Work through the entries below line by line and give the number of lines with the string "ground", nothing else.

Collected data:
---
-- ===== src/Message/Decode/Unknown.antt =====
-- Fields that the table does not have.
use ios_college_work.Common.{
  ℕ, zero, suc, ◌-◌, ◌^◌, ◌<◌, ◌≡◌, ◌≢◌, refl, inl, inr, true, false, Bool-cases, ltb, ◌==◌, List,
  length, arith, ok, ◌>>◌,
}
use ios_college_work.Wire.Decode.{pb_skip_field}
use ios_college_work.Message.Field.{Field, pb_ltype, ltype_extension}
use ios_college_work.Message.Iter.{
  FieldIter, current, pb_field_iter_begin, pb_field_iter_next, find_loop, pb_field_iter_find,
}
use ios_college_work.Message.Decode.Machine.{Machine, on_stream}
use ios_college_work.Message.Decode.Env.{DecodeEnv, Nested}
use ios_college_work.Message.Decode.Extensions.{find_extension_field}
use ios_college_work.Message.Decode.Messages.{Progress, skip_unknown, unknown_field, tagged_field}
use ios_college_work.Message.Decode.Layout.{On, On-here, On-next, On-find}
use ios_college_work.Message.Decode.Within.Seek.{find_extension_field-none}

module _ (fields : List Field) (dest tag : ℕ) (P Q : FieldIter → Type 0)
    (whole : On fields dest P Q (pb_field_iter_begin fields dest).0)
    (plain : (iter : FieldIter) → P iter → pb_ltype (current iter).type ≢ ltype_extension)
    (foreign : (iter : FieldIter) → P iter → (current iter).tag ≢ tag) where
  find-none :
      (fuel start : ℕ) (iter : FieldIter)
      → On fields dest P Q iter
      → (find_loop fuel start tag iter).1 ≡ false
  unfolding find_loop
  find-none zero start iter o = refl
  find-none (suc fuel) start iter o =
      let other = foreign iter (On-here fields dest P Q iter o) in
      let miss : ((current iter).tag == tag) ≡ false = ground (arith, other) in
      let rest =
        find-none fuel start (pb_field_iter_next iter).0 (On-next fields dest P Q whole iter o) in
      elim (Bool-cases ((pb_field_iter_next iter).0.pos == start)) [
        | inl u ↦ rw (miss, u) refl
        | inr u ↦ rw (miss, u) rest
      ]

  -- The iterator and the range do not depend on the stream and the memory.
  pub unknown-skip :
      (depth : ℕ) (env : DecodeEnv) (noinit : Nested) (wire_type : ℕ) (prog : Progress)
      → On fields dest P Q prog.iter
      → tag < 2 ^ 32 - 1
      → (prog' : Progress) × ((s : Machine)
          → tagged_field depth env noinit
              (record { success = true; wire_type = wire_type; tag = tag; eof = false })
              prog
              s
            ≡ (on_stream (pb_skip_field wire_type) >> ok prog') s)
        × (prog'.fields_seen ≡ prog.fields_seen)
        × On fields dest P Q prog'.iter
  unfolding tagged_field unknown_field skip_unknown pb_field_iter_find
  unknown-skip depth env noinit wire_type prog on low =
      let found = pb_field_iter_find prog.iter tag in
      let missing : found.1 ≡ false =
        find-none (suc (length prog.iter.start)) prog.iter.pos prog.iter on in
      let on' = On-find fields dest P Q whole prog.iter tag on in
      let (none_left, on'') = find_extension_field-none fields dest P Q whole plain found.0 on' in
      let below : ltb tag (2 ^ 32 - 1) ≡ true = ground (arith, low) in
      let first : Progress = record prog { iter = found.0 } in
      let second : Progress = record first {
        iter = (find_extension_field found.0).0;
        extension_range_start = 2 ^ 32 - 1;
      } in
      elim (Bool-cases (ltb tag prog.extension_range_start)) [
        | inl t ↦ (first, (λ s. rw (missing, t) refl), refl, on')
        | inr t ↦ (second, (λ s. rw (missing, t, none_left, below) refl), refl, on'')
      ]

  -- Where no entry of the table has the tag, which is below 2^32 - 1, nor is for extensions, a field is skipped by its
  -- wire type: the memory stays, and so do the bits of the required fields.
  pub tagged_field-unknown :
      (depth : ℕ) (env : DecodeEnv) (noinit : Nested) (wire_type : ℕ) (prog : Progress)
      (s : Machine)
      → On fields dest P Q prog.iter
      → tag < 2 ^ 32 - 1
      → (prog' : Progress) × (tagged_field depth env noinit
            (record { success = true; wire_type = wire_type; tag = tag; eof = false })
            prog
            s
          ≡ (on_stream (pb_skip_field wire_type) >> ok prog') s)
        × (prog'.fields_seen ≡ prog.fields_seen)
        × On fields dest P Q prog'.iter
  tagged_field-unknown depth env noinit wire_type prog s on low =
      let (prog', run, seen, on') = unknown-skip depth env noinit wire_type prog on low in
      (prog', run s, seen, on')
---
*SOLUTION FOR THIS TASK:*
2